An additional argument made by Trump supporters is that House Democrats should have pursued the legal case to compel the Administration to produce witnesses and evidence. While I do agree that this would have been a smart move politically, no law or congressional guideline mandates that Congress must sue the president in an attempt to force him to do his duty before impeaching him. While the Democrats could have gone through the courts and bolstered the already strong case against Donald Trump, the proceedings were not rendered illegitimate by their decision not to do so.

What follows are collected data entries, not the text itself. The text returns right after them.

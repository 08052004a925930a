-- ===== src/BaseOs/Apply.antt =====
-- `apply_update` of the base system: checkpoint, download, second approval, installation, health.
pub mod Announced
pub mod Finished
pub mod Reapproved
use xaac_thin_client_os.Base.{
  pos, Bool, true, false, not, String, List, [], ◌∷◌, ◌++◌, ◌==◌, ◌&&◌, ◌||◌, ◌<>◌, str_eq, ltb_ℤ,
  if◌then◌else◌,
}
use xaac_thin_client_os.Json.{
  Json, Fields, null, bool, num, text, arr, obj, fields, as_list, optional_text,
}
use xaac_thin_client_os.Machine.{
  M, Exc, runtime_error, failure, pure, raise, gets, or_raise, ◌>>=◌, ◌>>◌, raise_if, when, catch,
  try, fresh, for_each, traverse, join, parts, exists, is_file, is_dir, is_symlink, iterdir,
  ensure_dir, copy, remove, sha256, write_text, run, run_checked, Completed, atomic_json,
  installed_version,
}
use xaac_thin_client_os.Update.{setting, path_setting, int_setting, is_version}
use xaac_thin_client_os.BaseOs.Runtime.{reboot_path, audit_line, write_state, exclusive}
use xaac_thin_client_os.Machine.{str_value}
use xaac_thin_client_os.BaseOs.Sources.{source_files}
use xaac_thin_client_os.BaseOs.Checks.{
  Check, check_items, all_ok, plain, sources_check, package_checks, timer_checks,
}
use xaac_thin_client_os.BaseOs.Plan.{Change, Approval}
use xaac_thin_client_os.BaseOs.Check.{
  Checked, check_updates, approved_plan, plan_fingerprint, plan_json,
}

-- A child of the checkpoint that is neither a file, a link nor a directory is left.
unfoldable pub clear_child : String → M (Unit {0})
clear_child child = do
  regular ← is_file child
  linked ← is_symlink child
  directory ← is_dir child
  when (regular || linked || directory) (remove child)

unfoldable pub copy_status : String → Bool → M (Unit {0})
copy_status root false = pure tt
copy_status root true = copy "/var/lib/dpkg/status" (join root "dpkg-status.before")

unfoldable pub sum_line : String → M String
sum_line path = do digest ← sha256 path; pure (digest <> "  " <> path <> "\n")

abbrev concat_texts : List String → String
concat_texts [] = ""
concat_texts (s ∷ ss) = s <> concat_texts ss

unfoldable pub snapshot_checkpoint : Fields → Checked → M (Unit {0})
unfolding clear_child copy_status sum_line
snapshot_checkpoint policy plan = do
  root ← path_setting policy "outputs" "checkpoint"
  there ← exists root
  linked ← is_symlink root
  raise_if (there && linked) (runtime_error "El checkpoint 10.6 és un enllaç simbòlic")
  ensure_dir root
  children ← iterdir root
  for_each children (λ child. clear_child (join root child))
  known ← is_file "/var/lib/dpkg/status"
  copy_status root known
  versions ← run ("/usr/bin/dpkg-query" ∷ "-W" ∷ "-f=${Package}\t${Version}\n" ∷ [])
  raise_if (not (versions.returncode == 0))
      (runtime_error "No s'ha pogut capturar la llista de versions instal·lades")
  write_text (join root "package-versions.before.tsv") versions.stdout
  files ← source_files
  sums ← traverse files sum_line
  write_text (join root "apt-sources.sha256") (concat_texts sums)
  atomic_json (join root "approved-plan.json") (plan_json plan)

abbrev pub download_command : List String
download_command =
    "/usr/bin/apt-get" ∷ "--yes" ∷ "--download-only" ∷ "--no-remove" ∷ "--with-new-pkgs" ∷ "upgrade"
    ∷ []

unfoldable pub download : M (Unit {0})
download = do run_checked download_command; pure tt

abbrev pub install_command : List String
install_command =
    "/usr/bin/apt-get" ∷ "--yes" ∷ "--no-download" ∷ "--no-remove" ∷ "--with-new-pkgs"
    ∷ "--no-install-recommends" ∷ "-o" ∷ "Dpkg::Options::=--force-confdef" ∷ "-o"
    ∷ "Dpkg::Options::=--force-confold" ∷ "upgrade" ∷ []

-- `_install`
unfoldable pub install_upgrade : M Completed
install_upgrade = run install_command

unfoldable pub package_check : Change → M Check
package_check c = do
  actual ← installed_version c.pkg
  pure (record {
    name = "package:" <> c.pkg;
    ok = is_version actual c.candidate;
    detail = ("expected", text c.candidate) ∷ ("actual", optional_text actual) ∷ [];
  })

-- A unit that `systemctl` is asked about.
unfoldable pub unit_check : String → String → Json → M Check
unit_check prefix verb value = do
  unit ← str_value value
  result ← run ("/usr/bin/systemctl" ∷ verb ∷ unit ∷ [])
  pure (plain (prefix <> unit) (result.returncode == 0))

-- `Path(path).name`
unfoldable pub file_name : List String → String
file_name [] = ""
file_name (name ∷ []) = name
file_name (part ∷ rest) = file_name rest

unfoldable pub executable_check : Json → M Check
executable_check value = do
  path ← str_value value
  there ← is_file path
  runs ← gets (λ w. w.host.executable path)
  pure (plain ("executable:" <> file_name (parts path)) (there && runs))

unfoldable pub health_list : Fields → String → M (List Json)
health_list policy key = do
  value ← setting policy "health" key
  or_raise (as_list value) (failure "TypeError")

-- `policy["health"].get(key, [])`, where the section itself is there
unfoldable pub absent : Exc → M (List Json)
absent (runtime_error s) = raise (runtime_error s)
absent (failure s) = if str_eq s "KeyError" then pure [] else raise (failure s)

unfoldable pub health_option : Fields → String → M (List Json)
unfolding absent
health_option policy key = try (health_list policy key) pure absent

unfoldable pub post_health : Fields → Approval → M (List Check)
unfolding package_check unit_check executable_check health_list health_option
post_health policy plan = do
  sources ← sources_check policy
  packages ← traverse plan.packages package_check
  shared ← package_checks
  required ← health_list policy "required_services"
  services ← traverse required (unit_check "service:" "is-active")
  installed ← health_list policy "installed_services"
  units ← traverse installed (unit_check "installed:" "cat")
  executables ← health_option policy "required_executables"
  runs ← traverse executables executable_check
  timers ← timer_checks
  pure (sources ∷ packages ++ (shared ++ (services ++ (units ++ (runs ++ timers)))))

abbrev pub started_state : String → Checked → List (String × Json)
started_state now plan =
    ("status", text "downloading")
    ∷ ("last_update_started", text now)
    ∷ ("approved_plan_fingerprint", text plan.fingerprint)
    ∷ ("last_error", null)
    ∷ []

-- The second simulation, after the download.
unfoldable pub reapprove : Fields → Checked → M (Unit {0})
reapprove policy plan = do
  second ← approved_plan policy "La reverificació del pla APT ha fallat"
  fingerprint ← plan_fingerprint second.packages
  raise_if (not (str_eq fingerprint plan.fingerprint))
      (runtime_error "El pla APT ha canviat després de la descàrrega")

unfoldable pub fetch : Fields → Checked → M (Unit {0})
unfolding reapprove
fetch policy plan = do
  download
  free ← gets (λ w. w.host.free_bytes w.time)
  minimum ← int_setting policy "policy" "minimum_free_after_download_bytes"
  raise_if (ltb_ℤ (pos free) minimum) (runtime_error "Espai insuficient després de la descàrrega")
  reapprove policy plan

-- After an installation that failed.
unfoldable pub repair_install : Bool → M (Unit {0})
repair_install true = pure tt
repair_install false = do
  repair ← run ("/usr/bin/dpkg" ∷ "--configure" ∷ "-a" ∷ [])
  raise_if (not (repair.returncode == 0))
      (runtime_error "APT ha fallat i dpkg --configure -a no ha pogut reparar")
  checked ← run ("/usr/bin/apt-get" ∷ "-o" ∷ "Debug::NoLocking=true" ∷ "check" ∷ [])
  raise_if (not (checked.returncode == 0))
      (runtime_error "APT ha fallat; apt-get check continua fallant")

unfoldable pub install_plan : Fields → M (Unit {0})
unfolding repair_install
install_plan policy = do
  now ← fresh (λ h. h.now)
  write_state policy (("status", text "installing") ∷ ("install_started", text now) ∷ [])
  result ← install_upgrade
  repair_install (result.returncode == 0)

abbrev health_json : List Check → Json
health_json checks = obj (fields (("checks", arr (check_items checks)) ∷ []))

abbrev completed_state : String → Checked → Bool → List Check → List (String × Json)
completed_state now plan reboot health =
    ("status", text "completed")
    ∷ ("last_update", text now)
    ∷ ("changed_packages", num (pos plan.approval.changed_packages))
    ∷ ("new_packages", num (pos plan.approval.new_packages))
    ∷ ("reboot_required", bool reboot)
    ∷ ("last_error", null)
    ∷ ("health", health_json health)
    ∷ []

abbrev outcome_json : String → Checked → Bool → List Check → Json
outcome_json status plan reboot health = obj (
    fields (
      ("status", text status)
      ∷ ("phase", text "10.6")
      ∷ ("changed_packages", num (pos plan.approval.changed_packages))
      ∷ ("new_packages", num (pos plan.approval.new_packages))
      ∷ ("reboot_required", bool reboot)
      ∷ ("health", health_json health)
      ∷ []))

-- What follows the installation, up to the end of the `try` block.
unfoldable pub complete : Fields → Checked → M Json
complete policy plan = do
  health ← post_health policy plan.approval
  raise_if (not (all_ok health))
      (runtime_error "El health-check posterior a l'actualització del sistema base ha fallat")
  there ← exists reboot_path
  let reboot = there || plan.approval.reboot_recommended
  now ← fresh (λ h. h.now)
  write_state policy (completed_state now plan reboot health)
  audit_line policy "base_os_update_completed"
  run ("/usr/bin/apt-get" ∷ "clean" ∷ [])
  pure (outcome_json "completed" plan reboot health)

-- The `except BaseOsRuntimeError` clause.
unfoldable pub failed : Fields → String → M Json
failed policy why = do
  reboot ← exists reboot_path
  write_state policy (
      ("status", text "failed_requires_recovery")
      ∷ ("last_error", text why)
      ∷ ("reboot_required", bool reboot)
      ∷ [])
  audit_line policy "base_os_update_failed"
  raise (runtime_error why)

unfoldable pub upgrade : Fields → Checked → M Json
unfolding fetch
upgrade policy plan = do
  snapshot_checkpoint policy plan
  now ← fresh (λ h. h.now)
  write_state policy (started_state now plan)
  audit_line policy "base_os_update_started"
  catch (do fetch policy plan; install_plan policy; complete policy plan) (failed policy)

abbrev current_json : Bool → Json
current_json reboot = obj (
    fields (
      ("status", text "current")
      ∷ ("phase", text "10.6")
      ∷ ("changed_packages", num (pos 0))
      ∷ ("reboot_required", bool reboot)
      ∷ []))

unfoldable pub upgrade_if : Fields → Checked → Bool → M Json
unfolding upgrade
upgrade_if policy plan true = do reboot ← exists reboot_path; pure (current_json reboot)
upgrade_if policy plan false = upgrade policy plan

unfoldable pub apply_base_update : Fields → M Json
unfolding upgrade_if
apply_base_update policy = exclusive do
  plan ← check_updates policy true
  upgrade_if policy plan (str_eq plan.approval.status "current")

Historical precedent tells us that executive privilege exists but that it cannot be used as a shield to misconduct in the Oval Office. Executive privilege is not an absolute right to ignore Congress and get out of jail free. While ignoring the subpoenas may have temporarily protected the president from embarrassing revelations about his abuses of power, his obstruction actually sped up his impeachment process in the end. Now the embarrassing information about his Ukrainian activities is coming out anyway in a slow drip that may continue through the election.
While the president is not going to be removed from office, it looks as though defying Congress turned out to be a lose-lose proposition. Once again, the maxim that that best way to handle a scandal is to get out in front of it rather than engaging in a coverup seems to be correct.